Tuesday, 7 February 2017 : 5th Week of Ordinary Time (Psalm)

Liturgical Colour : Green
Psalm 8 : 4-5, 6-7, 8-9

When I observe the heavens, the work of Your hands, the moon and the stars You set in their place – what is man that You be mindful of him, the Son of Man that You should care for Him?

Yet You made Him a little lower than the Angels; You crowned Him with glory and honour and gave Him the works of Your hands; You have put all things under His feet.

Sheep and oxen without number and even the beasts of the field, the birds of the air, the fish of the sea and all that swim the paths of the ocean.

Tuesday, 7 February 2017 : 5th Week of Ordinary Time (First Reading)

Liturgical Colour : Green
Genesis 1 : 20 – Genesis 2 : 4a

God said, “Let the water teem with an abundance of living creatures, and let birds fly above the earth under the ceiling of the sky.” God created the great monsters of the sea and all living animals, those that teem in the waters, according to their kind, and every winged bird, according to its kind. God saw that it was good. God blessed them saying, “Be fruitful and increase in number, fill the waters of the sea, and let the birds increase on the earth.” There was evening and there was morning : the fifth day.

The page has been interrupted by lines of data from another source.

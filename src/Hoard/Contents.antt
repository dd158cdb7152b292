-- ===== src/Hoard/Contents.antt =====
-- What `Hoard::get` of src/hoard.hpp reads after `Hoard::put`.
use cachercise.Base.{
  ℕ, ◌+◌, ◌-◌, ◌≤◌, ◌≡◌, ap, none, List, arith, ltb, length, get_elem?, if◌then◌else◌, some,
}
use cachercise.Base.Run.{ok}
use cachercise.Common.{to_int32}
use cachercise.Hoard.{Hoard, put, get}
use cachercise.Hoard.Loops.{within, read_loop-Copied}
use cachercise.Hoard.Bounds.{Fits, get_elem?-grown, length-grown, put-Copied}

index : (offset j : ℕ) (src : List ℕ) → get_elem? src (offset + j - offset) ≡ get_elem? src j
index offset j src = ap (get_elem? src) (omega arith)

-- What fits is read back as it was written, from the same offset and with the same count: `put` and
-- then `get` succeed, and the buffer that was read into, of `count` elements or more, starts with
-- the `count` elements written and is otherwise as it was.
pub get-put :
    (max_size : ℕ) (h src dest : List ℕ) (count offset : ℕ)
    → Fits max_size h src count offset
    → count ≤ length dest
    → (h' : Hoard) × (dest' : List ℕ) × (put max_size h src count offset ≡ ok (to_int32 count, h'))
      × (get h' dest count offset ≡ ok (to_int32 count, dest'))
      × (length dest' ≡ length dest)
      × ((j : ℕ) → get_elem? dest' j ≡ (if ltb j count then get_elem? src j else get_elem? dest j))
unfolding get
get-put max_size h src dest count offset f b =
    let (h', run, c) = put-Copied max_size h src count offset f in
    let len = length-grown h count offset in
    let (dest', run', c') =
      read_loop-Copied count 0 offset h' dest (ground (arith, c.same_length)) (omega arith)
        (ground (arith, c.same_length)) in
    (
      h',
      dest',
      run,
      rw run',
      c'.same_length,
      λ j. ground (arith, c'.elems j, c.elems (offset + j), index offset j src),
    )

-- A `put` that fits succeeds, and this is the element at each index after it: in the range written
-- the buffer's, elsewhere in the old array the old one, and 0 in the rest of what the array has grown
-- by.
pub put-elems :
    (max_size : ℕ) (h src : List ℕ) (count offset : ℕ)
    → Fits max_size h src count offset
    → (h' : Hoard) × (put max_size h src count offset ≡ ok (to_int32 count, h'))
      × ((j : ℕ)
          → get_elem? h' j ≡ (
              if within offset count j
              then get_elem? src (j - offset)
              else if ltb j (length h)
              then get_elem? h j
              else if ltb j (length h')
              then some 0
              else none))
put-elems max_size h src count offset f =
    let (h', run, c) = put-Copied max_size h src count offset f in
    (h', run, λ j. ground (arith, c.elems j, c.same_length, get_elem?-grown h count offset j))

God said, “Let the earth produce living animals according to their kind : cattle, creatures that move along the ground, wild animals according to their kind. So it was. God created the wild animals according to their kind, and everything that creeps along the ground according to its kind. God saw that it was good.

God said, “Let Us make man in Our image, to Our likeness. Let them rule over the fish of the sea, over the birds of the air, over the cattle, over the wild animals, and over all creeping things that crawl along the ground.” So God created man in His image; in the image of God He created him; male and female He created them.

God blessed them and said to them, “Be fruitful and increase in number, fill the earth and subdue it, rule over the fish of the sea and the birds of the sky, over every living creature that moves on the ground.” God said, “I have given you every seed bearing plants which is on the face of all the earth, and every tree that bears fruit with seed. It will be for your food. To every wild animal, to every bird of the sky, to everything that creeps along the ground, to everything that has the breath of life, I give every green plant for food.” So it was.

God saw all that He had made, and it was very good. There was evening and there was morning : the sixth day. That was the way the sky and earth were created and all their vast array. By the seventh day the work God had done was completed, and He rested on the seventh day from all the work He had done.

And God blessed the seventh day and made it holy, because on that day He rested from all the work He had done in His creation. These are the successive steps in the creation of the heavens and the earth.